Higher education institutions must be able to inform parents if students are struggling with life-threatening mental health issues, the UK’s universities minister has said.
Speaking at the University of Buckingham’s Festival of Higher Education, Sam Gyimah reiterated his call for providers to see themselves as being in loco parentis for vulnerable young students who were living away from home for the first time.
The intervention came after the father of a University of Bristol student who took his own life called for data protection rules to be changed to allow universities to tell parents if students are struggling.
“Stories of students who threaten to take their life – but the university didn’t do anything to inform their parents because it’s not for them to do so until after they had done it – are incredibly sad and tragic,” Mr Gyimah said.

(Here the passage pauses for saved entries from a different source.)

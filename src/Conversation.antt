-- ===== src/Conversation.antt =====
-- client.c and server.c together: what the client leaves in its request pipe is what the thread of the
-- server (handle_request) reads, one request at the end of each round.
mod Whole
mod Pipe
mod Delivery
mod Tests
use local_server_c.Base.{
  ℕ, zero, suc, ◌+◌, ◌-◌, ◌*◌, ◌≤◌, ◌<◌, ◌≡◌, ◌≢◌, refl, sym, ap, ap₂, ◌∙◌, Option, none, some,
  Bool, true, false, List, [], ◌∷◌, ◌++◌, ◌==◌, ◌||◌, inl, inr, Bool-cases, map, take, length, All,
  pos, ltb_ℤ, arith,
}
use mathlib.Core.Path.{subst}
use local_server_c.Base.Text.{
  codes, c_str, same_text, strlen, same_text_refl, NulFree, strlen-NulFree,
}
use local_server_c.Request
use local_server_c.Request.{request_bytes, listen_request}
use local_server_c.Request.RoundTrip.{Hears, Hears-command}
use local_server_c.Client.Requests.{is_exit, in_pipe}
use local_server_c.Server.Session.{
  Act, response, notice, goodbye, End, removes, waits, in_parent, Round, wait_returns, session,
  handle_request,
}
use local_server_c.Server.Answers.{next_buffer, Works, Serves, session-answers}

-- Every call of a round works, `send_response` aside.
pub record Runs (fuel capacity : ℕ) (r : Round) : Type 0 where
  pub sizes : ℕ → ℕ
  pub made : r.tube_made ≡ true
  pub parent : r.forked ≡ in_parent
  pub write_end : r.write_closed ≡ true
  pub read_end : r.read_closed ≡ true
  pub ends : wait_returns capacity r ≡ true
  pub grows : (i : ℕ) → r.reallocs i ≡ true
  pub moves : (i : ℕ) → r.reads i ≡ some (suc (sizes i))
  pub hears : Hears r.listen
  pub enough : length r.output < fuel

-- A command that goes through the pipe whole.
abbrev pub Sendable : List ℕ → Type 0
Sendable c = NulFree c × ((length c ≤ 256) × (is_exit c ≡ false))

exit-NulFree : NulFree (codes "exit")
unfolding strlen c_str
exit-NulFree = strlen-NulFree (codes "exit") refl

-- The request after a command, of those that are left: `exit` comes last.
abbrev next_command : List (List ℕ) → List ℕ
next_command [] = codes "exit"
next_command (c ∷ cs) = c

-- The text that a round runs, for each round.
abbrev pub texts : List Round → List ℕ → List (List ℕ)
texts [] buffer = []
texts (r ∷ rs) buffer = c_str buffer ∷ texts rs (next_buffer r buffer)

module _ (fuel capacity : ℕ) (env : ℕ → Round) where
  -- The rounds that read these requests at their ends.
  abbrev pub rounds_of : ℕ → List (Option (List ℕ)) → List Round
  rounds_of i [] = []
  rounds_of i (p ∷ ps) = record (env i) { requests = p } ∷ rounds_of (suc i) ps

  -- `handle_request` on the requests of a client.
  abbrev pub serve_all : Request.ListenEnv → List ℕ → List (Option (List ℕ)) → List Act × End
  serve_all l memory [] = ([], waits)
  serve_all l memory (p ∷ ps) = handle_request fuel capacity l p memory (rounds_of 0 ps)

  -- The texts that it runs.
  abbrev pub texts_of : Request.ListenEnv → List ℕ → List (Option (List ℕ)) → List (List ℕ)
  texts_of l memory [] = []
  texts_of l memory (p ∷ ps) = texts (rounds_of 0 ps) (listen_request l p memory).1

  -- The responses to a list of commands.
  abbrev pub responses : ℕ → List (List ℕ) → List Act
  responses i [] = []
  responses i (c ∷ cs) = response ((env i).output ++ 0 ∷ []) ∷ responses (suc i) cs

  -- A round for each command.
  abbrev rounds_for : ℕ → List (List ℕ) → List Round
  rounds_for i [] = []
  rounds_for i (c ∷ cs) =
      record (env i) { requests = some (request_bytes (next_command cs)) } ∷ rounds_for (suc i) cs

  rounds_of-rounds_for :
      (c : List ℕ) (cs : List (List ℕ)) (i : ℕ)
      → rounds_of i (in_pipe (cs ++ codes "exit" ∷ [])) ≡ rounds_for i (c ∷ cs)
  rounds_of-rounds_for c [] i = refl
  rounds_of-rounds_for c (d ∷ cs) i =
      ap (λ rs. record (env i) { requests = some (request_bytes d) } ∷ rs)
        (rounds_of-rounds_for d cs (suc i))

  responses-rounds_for :
      (cs : List (List ℕ)) (i : ℕ)
      → map (λ r. response (r.output ++ 0 ∷ [])) (rounds_for i cs) ≡ responses i cs
  responses-rounds_for [] i = refl
  responses-rounds_for (c ∷ cs) i =
      ap (λ as'. response ((env i).output ++ 0 ∷ []) ∷ as') (responses-rounds_for cs (suc i))

  module _ (runs : (i : ℕ) → Runs fuel capacity (env i))
      (received : (i : ℕ) → (n : ℕ) × ((env i).sent ((env i).output ++ 0 ∷ []) ≡ pos (suc n))) where
    -- A round whose next request is `c`.
    next_buffer-text :
        (i : ℕ) (c buffer : List ℕ)
        → NulFree c
        → length c ≤ 256
        → let r = record (env i) { requests = some (request_bytes c) } in
          Works capacity r buffer × (c_str (next_buffer r buffer) ≡ c)
    unfolding wait_returns
    next_buffer-text i c buffer free short =
        let w = runs i in
        let (b, heard, text) = Hears-command (env i).listen w.hears c buffer free short in
        (
          record {
            sizes = w.sizes;
            made = w.made;
            parent = w.parent;
            write_end = w.write_end;
            read_end = w.read_end;
            ends = w.ends;
            grows = w.grows;
            moves = w.moves;
            received = received i;
            heard = ap (λ x. ltb_ℤ x.0 (pos 0)) heard;
          },
          ap (λ x. c_str x.1) heard ∙ text,
        )

    next_command-Sendable :
        (cs : List (List ℕ))
        → All Sendable cs
        → NulFree (next_command cs) × (length (next_command cs) ≤ 256)
    next_command-Sendable [] h = (exit-NulFree, omega arith)
    next_command-Sendable (c ∷ cs) ((free, (short, other)), rest) = (free, short)

    Serves-commands :
        (cs : List (List ℕ))
        → All Sendable cs
        → (i : ℕ) (buffer : List ℕ) → c_str buffer ≡ next_command cs
        → Serves fuel capacity (rounds_for i cs) buffer × (texts (rounds_for i cs) buffer ≡ cs)
    Serves-commands [] h i buffer text =
        (ap (λ t. same_text t (codes "exit")) text ∙ same_text_refl (codes "exit"), refl)
    Serves-commands (c ∷ cs) ((free, (short, other)), rest) i buffer text =
        let (nfree, nshort) = next_command-Sendable cs rest in
        let (works, next) = next_buffer-text i (next_command cs) buffer nfree nshort in
        let r = record (env i) { requests = some (request_bytes (next_command cs)) } in
        let (later, same) = Serves-commands cs rest (suc i) (next_buffer r buffer) next in
        (
          (ap (λ t. same_text t (codes "exit")) text ∙ other, works, (runs i).enough, later),
          ap₂ (◌∷◌) text same,
        )

    started :
        (l : Request.ListenEnv) (memory : List ℕ) (cs : List (List ℕ))
        → Hears l
        → All Sendable cs
        → (rs : List Round) → rs ≡ rounds_for 0 cs
        → let p = some (request_bytes (next_command cs)) in
          (texts rs (listen_request l p memory).1 ≡ cs)
          × (handle_request fuel capacity l p memory rs
              ≡ (responses 0 cs ++ notice goodbye ∷ [], removes))
    unfolding handle_request
    started l memory cs hears h rs e =
        let (free, short) = next_command-Sendable cs h in
        let (b, heard, text) = Hears-command l hears (next_command cs) memory free short in
        let (serves, same) = Serves-commands cs h 0 b text in
        let answers = session-answers fuel capacity (rounds_for 0 cs) b serves in
        rw e (
          ap (λ x. texts (rounds_for 0 cs) x.1) heard ∙ same,
          simp (heard, handle_request)
              (answers
                ∙ ap (λ as'. (as' ++ notice goodbye ∷ [], removes)) (responses-rounds_for cs 0)),
        )

    -- When every call works, the thread of the server runs the commands that a client sends before
    -- `exit`, each whole and in order, and answers each with its output, then with the goodbye.
    pub serve_all-commands :
        (l : Request.ListenEnv) (memory : List ℕ) (cs : List (List ℕ))
        → Hears l
        → All Sendable cs
        → let sent = in_pipe (cs ++ codes "exit" ∷ []) in
          (texts_of l memory sent ≡ cs)
          × (serve_all l memory sent ≡ (responses 0 cs ++ notice goodbye ∷ [], removes))
    serve_all-commands l memory [] hears h = started l memory [] hears h [] refl
    serve_all-commands l memory (c ∷ cs) hears h =
        started l memory (c ∷ cs) hears h (rounds_of 0 (in_pipe (cs ++ codes "exit" ∷ [])))
          (rounds_of-rounds_for c cs 0)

“We need to find a way for universities to be in loco parentis where [there are] these life-threatening situations of care, where we respect people’s rights as adults but make sure we are doing everything in terms of duty of care towards these young people.”
Mr Gyimah faced a backlash when he first used the term in loco parentis at the launch conference of the Office for Students earlier this year, with critics accusing him of “infantilising students”.
However, Mr Gyimah said at Buckingham that he was specifically referring to mental health problems that could be life-threatening.
Agreeing that the government has a role to play in the issue, he added: “I would want to define specifically what this is after I’ve actually spent some time with people who have been through this.
“But if we do not fully empower universities, I do not think that we can deal fully with some of the issues we are finding in our universities.”
James Murray, the father of Bristol student Ben Murray, told BBC Radio 5 Live on 12 June that his son had been “carrying a lot of pain and anxiety for six months” but had not confided in his parents.
Bristol has since confirmed that it is considering an “opt-in” for next of kin to be told of a “major concern about well-being”.
Speaking at the Buckingham festival, Mr Murray described mental health as “a strategic issue of importance for vice-chancellors and for the executive team”.
“If you’re not treating it that way, you’re putting yourself at risk, the university at risk – but most importantly – putting lives at risk,” he said.
Mr Murray said that lecturers and supervisors also had a role to play.
“They are loaded up with academic work, but they really are the closest in the front line on mental health care to understand what the students are doing,” he said.